Prime Minister Nuri al-Maliki said in a statement on Friday that the Samarra assault was aimed at the Al-Askari Shiite shrine in the centre of the city, terming it "another failed attempt to provoke sectarian strife."

The areas occupied by militants were however located in eastern Samarra, and they would have had to advance significantly farther to threaten the shrine, which was bombed by extremists in 2006, setting off a bloody Sunni-Shiite sectarian conflict.

The allegation itself that the revered shrine was the target has the potential to increase the already-significant sectarian tensions plaguing the country.

Anbar crisis displaces nearly 480,000

On Friday, spokesman Adrian Edwards said the UN refugee agency believes "close to 480,000" people have fled their homes in Anbar province, west of Baghdad, where security forces and anti-government fighters have battled for control for over five months.

They join some 1.1 million others displaced during past years of violence in Iraq.

The crisis in Anbar, which shares a long border with civil war-hit Syria, erupted in late December when security forces dismantled a longstanding Sunni Arab protest camp near provincial capital Ramadi.

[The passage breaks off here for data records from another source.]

-- ===== src/UsbEcho.antt =====
-- s13_usb/src/bin/s13c02_custom_tx_rx_1poll.rs: a USB class with one IN and one OUT endpoint, and the
-- loop that logs what the host sends and answers "hello". The endpoints belong to crate usb_device,
-- which is not part of the repository: what their `read` and `write` return, and what `read` leaves
-- in the buffer, are parameters, and so are the addresses. A panic is `none`.
pub mod Receive
pub mod Transmit
mod Tests
use rust_on_stm32_notebook.Common.{
  ℕ, ◌+◌, ◌^◌, ◌==◌, Bool, true, false, if◌then◌else◌, List, [], ◌∷◌, ◌++◌, Option, none, some,
  length, take, drop, replicate, leb, ltb, ◌&&◌,
}

-- `UsbError`: the source names WouldBlock, and E stands for the other variants.
pub data UsbError (E : Type 0) : Type 0 where
  would_block : UsbError E
  other : E → UsbError E

pub data Result (E : Type 0) : Type 0 where
  ok : ℕ → Result E
  err : UsbError E → Result E

pub record MyUsbClass : Type 0 where
  pub in_empty : Bool
  pub receive_buf : List ℕ
  pub receive_index : ℕ

-- the fields of `MyUSBClass::new` other than the endpoints
unfoldable pub new : MyUsbClass
new = record { in_empty = true; receive_buf = replicate 32 0; receive_index = 0 }

infixl 5 ◌>>=◌
abbrev pub ◌>>=◌ : {A B : Type 0} → Option A → (A → Option B) → Option B
none >>= f = none
(some a) >>= f = f a

module _ {E : Type 0} where
  -- the `match` arm `true` of `write`: an error of the endpoint is passed on by `?`
  unfoldable pub after_write : MyUsbClass → Result E → MyUsbClass × Result E
  after_write c (err e) = (c, err e)
  after_write c (ok byte_written) =
      if ltb 0 byte_written
      then (record c { in_empty = false }, ok byte_written)
      else (c, err would_block)

  unfoldable pub write : (List ℕ → Result E) → List ℕ → MyUsbClass → MyUsbClass × Result E
  write interrupt_in_write bytes c =
      if c.in_empty then after_write c (interrupt_in_write bytes) else (c, err would_block)

  -- `read`: the class, the caller's buffer and the result. Either slice may be out of range.
  unfoldable pub read : MyUsbClass → List ℕ → Option (MyUsbClass × List ℕ × Result E)
  read c buf =
      if ltb 0 c.receive_index
      then (if leb c.receive_index (length buf) && leb c.receive_index (length c.receive_buf)
          then some (
            record c { receive_index = 0 },
            take c.receive_index c.receive_buf ++ drop c.receive_index buf,
            ok c.receive_index,
          )
          else none)
      else some (c, buf, err would_block)

  -- `let index = interrupt_out.read(&mut self.receive_buf).unwrap(); self.receive_index += index`
  unfoldable pub receive : MyUsbClass → List ℕ × Result E → Option MyUsbClass
  receive c (buf, err e) = none
  receive c (buf, ok index) =
      if ltb (c.receive_index + index) (2 ^ 32)
      then some (record c { receive_buf = buf; receive_index = c.receive_index + index })
      else none

  unfoldable pub endpoint_out :
      ℕ → (List ℕ → List ℕ × Result E) → ℕ → MyUsbClass → Option MyUsbClass
  endpoint_out own_addr interrupt_out_read addr c =
      if addr == own_addr then receive c (interrupt_out_read c.receive_buf) else some c

unfoldable pub endpoint_in_complete : ℕ → ℕ → MyUsbClass → MyUsbClass
endpoint_in_complete own_addr addr c = if addr == own_addr then record c { in_empty = true } else c

-- `b"hello"`
abbrev pub hello : List ℕ
hello = b'h' ∷ b'e' ∷ b'l' ∷ b'l' ∷ b'o' ∷ []

-- What one round of the second loop of main leaves, and the texts that it logs.
pub record Round : Type 0 where
  pub class : MyUsbClass
  pub buffer : List ℕ
  pub shown : List (List ℕ)

module _ {E : Type 0} where
  -- `match my_usb_class.write(b"hello")`
  unfoldable pub check_write : MyUsbClass × Result E → Option MyUsbClass
  check_write (c, ok count) = some c
  check_write (c, err would_block) = some c
  check_write (c, err (other e)) = none

module _ {E : Type 0} (utf8_ok : List ℕ → Bool) where
  -- `match my_usb_class.read(..)`
  unfoldable pub show_read : List ℕ → Result E → Option (List (List ℕ))
  show_read buf (ok count) = if utf8_ok (take count buf) then some (take count buf ∷ []) else none
  show_read buf (err would_block) = some []
  show_read buf (err (other e)) = none

  -- a round in which the poll reports that there is something to do
  unfoldable pub round : (List ℕ → Result E) → MyUsbClass → List ℕ → Option Round
  round interrupt_in_write c buf = do
    (class, buffer, result) ← read {E = E} c buf
    shown ← show_read buffer result
    class' ← check_write (write interrupt_in_write hello class)
    some (record { class = class'; buffer = buffer; shown = shown })
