-- ===== src/UsbEcho/Receive.antt =====
-- What the loop of s13_usb/src/bin/s13c02_custom_tx_rx_1poll.rs makes of the packets of the host.
use rust_on_stm32_notebook.Common.{
  ℕ, zero, suc, ◌+◌, ◌^◌, ◌≤◌, ◌<◌, ◌==◌, ◌≡◌, refl, ap, ◌∙◌, Bool, true, false, arith, List, [],
  ◌∷◌, ◌++◌, none, some, length, take, take-append, length-drop, drop, leb, ltb, length-append,
}
use rust_on_stm32_notebook.UsbEcho.{
  Result, ok, MyUsbClass, ◌>>=◌, after_write, write, read, receive, endpoint_out, hello, show_read,
  check_write, round,
}

-- A packet at the start of a buffer.
abbrev pub over : List ℕ → List ℕ → List ℕ
over p buf = p ++ drop (length p) buf

length-over : (p buf : List ℕ) → length p ≤ length buf → length (over p buf) ≡ length buf
length-over p buf h =
    omega (arith, length-append p (drop (length p) buf), length-drop (length p) buf)

take-take :
    (m k : ℕ) (xs ys : List ℕ) → m ≤ length xs → m ≤ k → take m (take k xs ++ ys) ≡ take m xs
take-take zero k xs ys h e = refl
take-take (suc m) k [] ys h e = absurd (omega arith)
take-take (suc m) zero (x ∷ xs) ys h e = absurd (omega arith)
take-take (suc m) (suc k) (x ∷ xs) ys h e =
    ap (λ t. x ∷ t) (take-take m k xs ys (omega arith) (omega arith))

-- A class that holds a packet after the given index.
abbrev holds : MyUsbClass → List ℕ → MyUsbClass
holds c p = record c {
  receive_buf = over p c.receive_buf;
  receive_index = c.receive_index + length p;
}

own_address : (a : ℕ) → (a == a) ≡ true
own_address a = ground arith

module _ {E : Type 0} where
  -- What is documented of the endpoint: a packet that fits is put at the start of the buffer, and its
  -- length returned.
  abbrev pub Delivers : (List ℕ → List ℕ × Result E) → List ℕ → Type 0
  Delivers ep p = (buf : List ℕ) → length p ≤ length buf → ep buf ≡ (over p buf, ok (length p))

  endpoint_out-holds :
      (own : ℕ) (ep : List ℕ → List ℕ × Result E) (p : List ℕ) (c : MyUsbClass)
      → Delivers ep p
      → length p ≤ length c.receive_buf
      → c.receive_index + length p < 2 ^ 32
      → endpoint_out own ep own c ≡ some (holds c p)
  unfolding endpoint_out receive
  endpoint_out-holds own ep p c d h k =
      let small : ltb (c.receive_index + length p) (2 ^ 32) ≡ true = ground arith in
      rw (own_address own, d c.receive_buf h, small) refl

  read-holds :
      (p buf : List ℕ) (c : MyUsbClass)
      → c.receive_index ≡ 0
      → 1 ≤ length p
      → length p ≤ length buf
      → length p ≤ length c.receive_buf
      → read {E = E} (holds c p) buf
        ≡ some (
          record c { receive_buf = over p c.receive_buf; receive_index = 0 },
          over p buf,
          ok (length p),
        )
  unfolding read
  read-holds p buf c empty nonempty h k =
      let at_length : c.receive_index + length p ≡ length p = omega arith in
      let some_bytes : ltb 0 (length p) ≡ true = ground arith in
      let fits : leb (length p) (length buf) ≡ true = ground arith in
      let held : leb (length p) (length (over p c.receive_buf)) ≡ true =
        ground (arith, length-over p c.receive_buf k) in
      rw (at_length, some_bytes, fits, held, take-append p (drop (length p) c.receive_buf)) refl

  -- Whether it is accepted or refused, a transfer is under way after "hello" is written.
  hello_under_way :
      (answer : List ℕ → Result E) (n : ℕ) (b : Bool) (rb : List ℕ)
      → answer hello ≡ ok (suc n)
      → check_write
          (write answer hello (record { in_empty = b; receive_buf = rb; receive_index = 0 }))
        ≡ some (record { in_empty = false; receive_buf = rb; receive_index = 0 })
  unfolding write after_write check_write
  hello_under_way answer n true rb h =
      let pos : ltb 0 (suc n) ≡ true = ground arith in rw (h, pos) refl
  hello_under_way answer n false rb h = refl

  -- The rounds of the program start from an empty class, and its buffer has 16 bytes.
  module _ (own : ℕ) (ep : List ℕ → List ℕ × Result E) (answer : List ℕ → Result E)
      (utf8_ok : List ℕ → Bool) (c : MyUsbClass) (buf : List ℕ) where
    -- Where the endpoint delivers packets as documented and accepts "hello" if it is asked: a packet of
    -- 1 to 16 bytes of UTF-8 that reaches an empty class is shown by the next round, whole and alone,
    -- and leaves the class empty again with a transfer under way.
    pub round_shows_packet :
        (p : List ℕ) (n : ℕ)
        → Delivers ep p
        → length c.receive_buf ≡ 32
        → c.receive_index ≡ 0
        → length buf ≡ 16
        → 1 ≤ length p
        → length p ≤ 16
        → utf8_ok p ≡ true
        → answer hello ≡ ok (suc n)
        → (endpoint_out own ep own c >>= λ c'. round utf8_ok answer c' buf)
          ≡ some (record {
            class = record {
              in_empty = false;
              receive_buf = over p c.receive_buf;
              receive_index = 0;
            };
            buffer = over p buf;
            shown = p ∷ [];
          })
    unfolding round show_read
    round_shows_packet p n d room empty size nonempty fits text accepts =
        let arrives : endpoint_out own ep own c ≡ some (holds c p) =
          endpoint_out-holds own ep p c d (omega arith) (omega arith) in
        rw
          (
            arrives,
            read-holds p buf c empty nonempty (omega arith) (omega arith),
            take-append p (drop (length p) buf),
            text,
            hello_under_way answer n c.in_empty (over p c.receive_buf) accepts,
          )
          refl

    -- A packet of 17 to 32 bytes, which the endpoint takes, makes the next round panic.
    pub round_panics_on_long_packet :
        (p : List ℕ)
        → Delivers ep p
        → length c.receive_buf ≡ 32
        → c.receive_index ≡ 0
        → length buf ≡ 16
        → 17 ≤ length p
        → length p ≤ 32
        → (endpoint_out own ep own c >>= λ c'. round utf8_ok answer c' buf) ≡ none
    unfolding round read
    round_panics_on_long_packet p d room empty size long fits =
        let arrives : endpoint_out own ep own c ≡ some (holds c p) =
          endpoint_out-holds own ep p c d (omega arith) (omega arith) in
        let some_bytes : ltb 0 (c.receive_index + length p) ≡ true = ground arith in
        let too_long : leb (c.receive_index + length p) (length buf) ≡ false = ground arith in
        rw (arrives, some_bytes, too_long) refl

  -- Two packets that arrive before the next read, of together at most 16 bytes: the read returns the
  -- sum of their lengths, but the bytes begin with the second packet, which has overwritten the first.
  pub second_packet_overwrites :
      (own : ℕ) (ep ep' : List ℕ → List ℕ × Result E) (c : MyUsbClass) (p q buf : List ℕ)
      → Delivers ep p
      → Delivers ep' q
      → length c.receive_buf ≡ 32
      → c.receive_index ≡ 0
      → length buf ≡ 16
      → 1 ≤ length p
      → length p + length q ≤ 16
      → (out : List ℕ) × (left : MyUsbClass) × ((endpoint_out own ep own c >>= λ c'.
            endpoint_out own ep' own c' >>= λ c''. read {E = E} c'' buf)
          ≡ some (left, out, ok (length p + length q)))
        × (take (length q) out ≡ q)
  unfolding read
  second_packet_overwrites own ep ep' c p q buf d d' room empty size nonempty fits =
      let first : endpoint_out own ep own c ≡ some (holds c p) =
        endpoint_out-holds own ep p c d (omega arith) (omega arith) in
      let same : length (over p c.receive_buf) ≡ length c.receive_buf =
        length-over p c.receive_buf (omega arith) in
      let second : endpoint_out own ep' own (holds c p) ≡ some (holds (holds c p) q) =
        endpoint_out-holds own ep' q (holds c p) d' (omega arith) (omega arith) in
      let both = over q (over p c.receive_buf) in
      let sum : c.receive_index + length p + length q ≡ length p + length q = omega arith in
      let some_bytes : ltb 0 (length p + length q) ≡ true = ground arith in
      let in_buffer : leb (length p + length q) (length buf) ≡ true = ground arith in
      let long : length both ≡ 32 =
        length-over q (over p c.receive_buf) (omega arith) ∙ same ∙ room in
      let in_class : leb (length p + length q) (length both) ≡ true = ground arith in
      (
        take (length p + length q) both ++ drop (length p + length q) buf,
        record c { receive_buf = both; receive_index = 0 },
        rw (first, second, sum, some_bytes, in_buffer, in_class) refl,
        take-take (length q) (length p + length q) both (drop (length p + length q) buf)
              (omega arith) (omega arith)
            ∙ take-append q (drop (length q) (over p c.receive_buf)),
      )
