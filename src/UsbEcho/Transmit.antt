-- ===== src/UsbEcho/Transmit.antt =====
-- How the class of s13_usb/src/bin/s13c02_custom_tx_rx_1poll.rs hands data to its IN endpoint.
use rust_on_stm32_notebook.Common.{
  ℕ, suc, inl, inr, Bool-cases, ◌+◌, ◌≤◌, ◌==◌, true, arith, List, [], ◌∷◌, if◌then◌else◌,
}
use rust_on_stm32_notebook.UsbEcho.{
  Result, ok, err, MyUsbClass, after_write, write, endpoint_in_complete,
}

-- What happens to the sending side: the program writes, and the endpoint answers as it does if the
-- class asks it; or the bus reports that a transfer from an address is complete.
pub data Event (E : Type 0) : Type 0 where
  send : List ℕ → (List ℕ → Result E) → Event E
  complete : ℕ → Event E

module _ {E : Type 0} where
  abbrev pub is_ok : Result E → ℕ
  is_ok (ok n) = 1
  is_ok (err e) = 0

  -- The writes that were accepted in a run, with the class's own address.
  unfoldable pub accepted : ℕ → MyUsbClass → List (Event E) → ℕ
  accepted own c [] = 0
  accepted own c (send bytes answer ∷ es) =
      let w = write answer bytes c in is_ok w.1 + accepted own w.0 es
  accepted own c (complete addr ∷ es) = accepted own (endpoint_in_complete own addr c) es

  -- The reports for the own address.
  abbrev pub completions : ℕ → List (Event E) → ℕ
  completions own [] = 0
  completions own (send bytes answer ∷ es) = completions own es
  completions own (complete addr ∷ es) =
      let more = completions own es in if addr == own then suc more else more

-- The transfers that the class would accept at once.
abbrev pub room : MyUsbClass → ℕ
room c = if c.in_empty then 1 else 0

module _ {E : Type 0} where
  asked_once :
      (c : MyUsbClass) (r : Result E) → is_ok (after_write c r).1 + room (after_write c r).0 ≤ 1
  unfolding after_write
  asked_once c (err e) = ground arith
  asked_once c (ok n) = ground arith

  write_once :
      (answer : List ℕ → Result E) (bytes : List ℕ) (c : MyUsbClass)
      → is_ok (write answer bytes c).1 + room (write answer bytes c).0 ≤ room c
  unfolding write
  write_once answer bytes c = elim (Bool-cases c.in_empty) [
    | inl h ↦ rw h (asked_once (record c { in_empty = true }) (answer bytes))
    | inr h ↦ rw h (omega arith)
  ]

  -- In every run the class accepts at most one write more than the transfers that were completed: a
  -- packet is never handed over while the one before is under way, whatever the endpoint answers.
  pub one_in_flight :
      (own : ℕ) (c : MyUsbClass) (es : List (Event E))
      → accepted own c es ≤ completions own es + room c
  unfolding accepted endpoint_in_complete
  one_in_flight own c [] = omega arith
  one_in_flight own c (send bytes answer ∷ es) =
      omega (arith, write_once answer bytes c, one_in_flight own (write answer bytes c).0 es)
  one_in_flight own c (complete addr ∷ es) =
      ground (arith, one_in_flight own c es, one_in_flight own (record c { in_empty = true }) es)
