-- ===== src/UsbEcho/Tests.antt =====
-- Runs of the class of s13_usb/src/bin/s13c02_custom_tx_rx_1poll.rs at concrete packets.
use rust_on_stm32_notebook.Common.{
  ℕ, ◌+◌, ◌≤◌, ◌≡◌, refl, Bool, true, false, arith, List, [], ◌∷◌, none, some, length, take,
  replicate,
}
use rust_on_stm32_notebook.UsbEcho.{
  Result, ok, MyUsbClass, new, ◌>>=◌, read, endpoint_out, hello, round, write, after_write,
  endpoint_in_complete,
}
use rust_on_stm32_notebook.UsbEcho.Receive.{
  over, Delivers, round_shows_packet, round_panics_on_long_packet, second_packet_overwrites,
}
use rust_on_stm32_notebook.UsbEcho.Transmit.{
  Event, send, complete, accepted, completions, room, one_in_flight,
}

-- An endpoint with one packet, as documented, and one that takes every write.
abbrev delivering : List ℕ → List ℕ → List ℕ × Result Unit
delivering p buf = (over p buf, ok (length p))

delivering-Delivers : (p : List ℕ) → Delivers (delivering p) p
delivering-Delivers p buf h = refl

abbrev taking : List ℕ → Result Unit
taking bytes = ok (length bytes)

abbrev any_text : List ℕ → Bool
any_text bytes = true

abbrev hi : List ℕ
hi = b'h' ∷ b'i' ∷ []

abbrev dash : List ℕ
dash = b'-' ∷ []

abbrev idle : MyUsbClass
idle = record { in_empty = true; receive_buf = replicate 32 0; receive_index = 0 }

new_is_idle : new ≡ idle
unfolding new
new_is_idle = refl

round_shows_packet_example :
    (endpoint_out 1 (delivering hi) 1 idle >>= λ c'. round any_text taking c' (replicate 16 0))
    ≡ some (record {
      class = record {
        in_empty = false;
        receive_buf = over hi (replicate 32 0);
        receive_index = 0;
      };
      buffer = over hi (replicate 16 0);
      shown = hi ∷ [];
    })
round_shows_packet_example =
    round_shows_packet 1 (delivering hi) taking any_text idle (replicate 16 0) hi 4
      (delivering-Delivers hi) refl refl refl (omega arith) (omega arith) refl refl

long_packet_panics :
    (endpoint_out 1 (delivering (replicate 20 b'x')) 1 idle >>= λ c'.
    round any_text taking c' (replicate 16 0))
    ≡ none
long_packet_panics =
    round_panics_on_long_packet 1 (delivering (replicate 20 b'x')) taking any_text idle
      (replicate 16 0) (replicate 20 b'x') (delivering-Delivers (replicate 20 b'x')) refl refl refl
      (omega arith) (omega arith)

two_packets_overwrite :
    (out : List ℕ) × (left : MyUsbClass) × ((endpoint_out 1 (delivering hi) 1 idle >>= λ c'.
    endpoint_out 1 (delivering dash) 1 c' >>= λ c''. read {E = Unit} c'' (replicate 16 0))
      ≡ some (left, out, ok (2 + 1)))
    × (take 1 out ≡ dash)
two_packets_overwrite =
    second_packet_overwrites 1 (delivering hi) (delivering dash) idle hi dash (replicate 16 0)
      (delivering-Delivers hi) (delivering-Delivers dash) refl refl refl (omega arith) (omega arith)

abbrev busy_run : List (Event Unit)
busy_run = send hello taking ∷ send hello taking ∷ complete 129 ∷ send hello taking ∷ []

one_in_flight_example : accepted 129 idle busy_run ≤ completions 129 busy_run + room idle
one_in_flight_example = one_in_flight 129 idle busy_run

busy_run_accepts : accepted 129 idle busy_run ≡ 2
unfolding accepted write after_write endpoint_in_complete
busy_run_accepts = refl
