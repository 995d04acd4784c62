-- ===== src/Deposit/Startup.antt =====
-- What `initialize` of src/contracts/deposit/deposit.service.ts does with a cache that is not valid.
use lidofinance_lido_council.Shared.{ℕ, ◌≡◌, refl, none, some, false}
use lidofinance_lido_council.Outcome.{Failure, ok}
use lidofinance_lido_council.Cache.{
  delete_cache, delete_cache_file, get_cache_file_path, get_cache_dir_path,
}
use lidofinance_lido_council.Deposit.{
  VerifiedDepositEventsCache, DepositEnv, Deposits, get_cached_events, validate_cache,
  delete_cached_events, initialize,
}

-- A cache that is read but not valid, and a file that cannot be removed: the start goes on as if the
-- file were gone, with nothing in memory and the file of before.
pub initialize_kept_file :
    (env : DepositEnv) (n : ℕ) (s : Deposits) (cached : VerifiedDepositEventsCache)
    (error : Failure) (id : ℕ)
    → (get_cached_events env s).0 ≡ ok cached
    → validate_cache env.app_version cached n ≡ false
    → env.cache.unlink_fault ≡ some error
    → env.cache.chain_id ≡ ok id
    → ((initialize env n s).0 ≡ ok tt)
      × ((initialize env n s).1.cache ≡ none)
      × ((initialize env n s).1.files ≡ (get_cached_events env s).1.files)
unfolding initialize delete_cached_events delete_cache delete_cache_file get_cache_file_path
    get_cache_dir_path
initialize_kept_file env n s cached error id read invalid fault chain =
    simp (read, invalid, fault, chain) (refl, refl, refl)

Anti-government fighters subsequently seized all of the city of Fallujah, just a short drive from Baghdad, and parts of Ramadi.

Despite months of clashes, shelling and missile strikes, no resolution is in sight.

Violence is running at its highest levels since 2006-2007, when tens of thousands were killed in sectarian conflict between Iraq's Shiite majority and Sunni Arab minority.

More than 900 people were killed last month, according to figures separately compiled by the United Nations and the government.

So far this year, more than 4,300 people have been killed, according to AFP figures.

Officials blame external factors for the rise in bloodshed, particularly the Syrian conflict, but analysts say widespread Sunni Arab anger with the Shiite-led government has also been a major factor.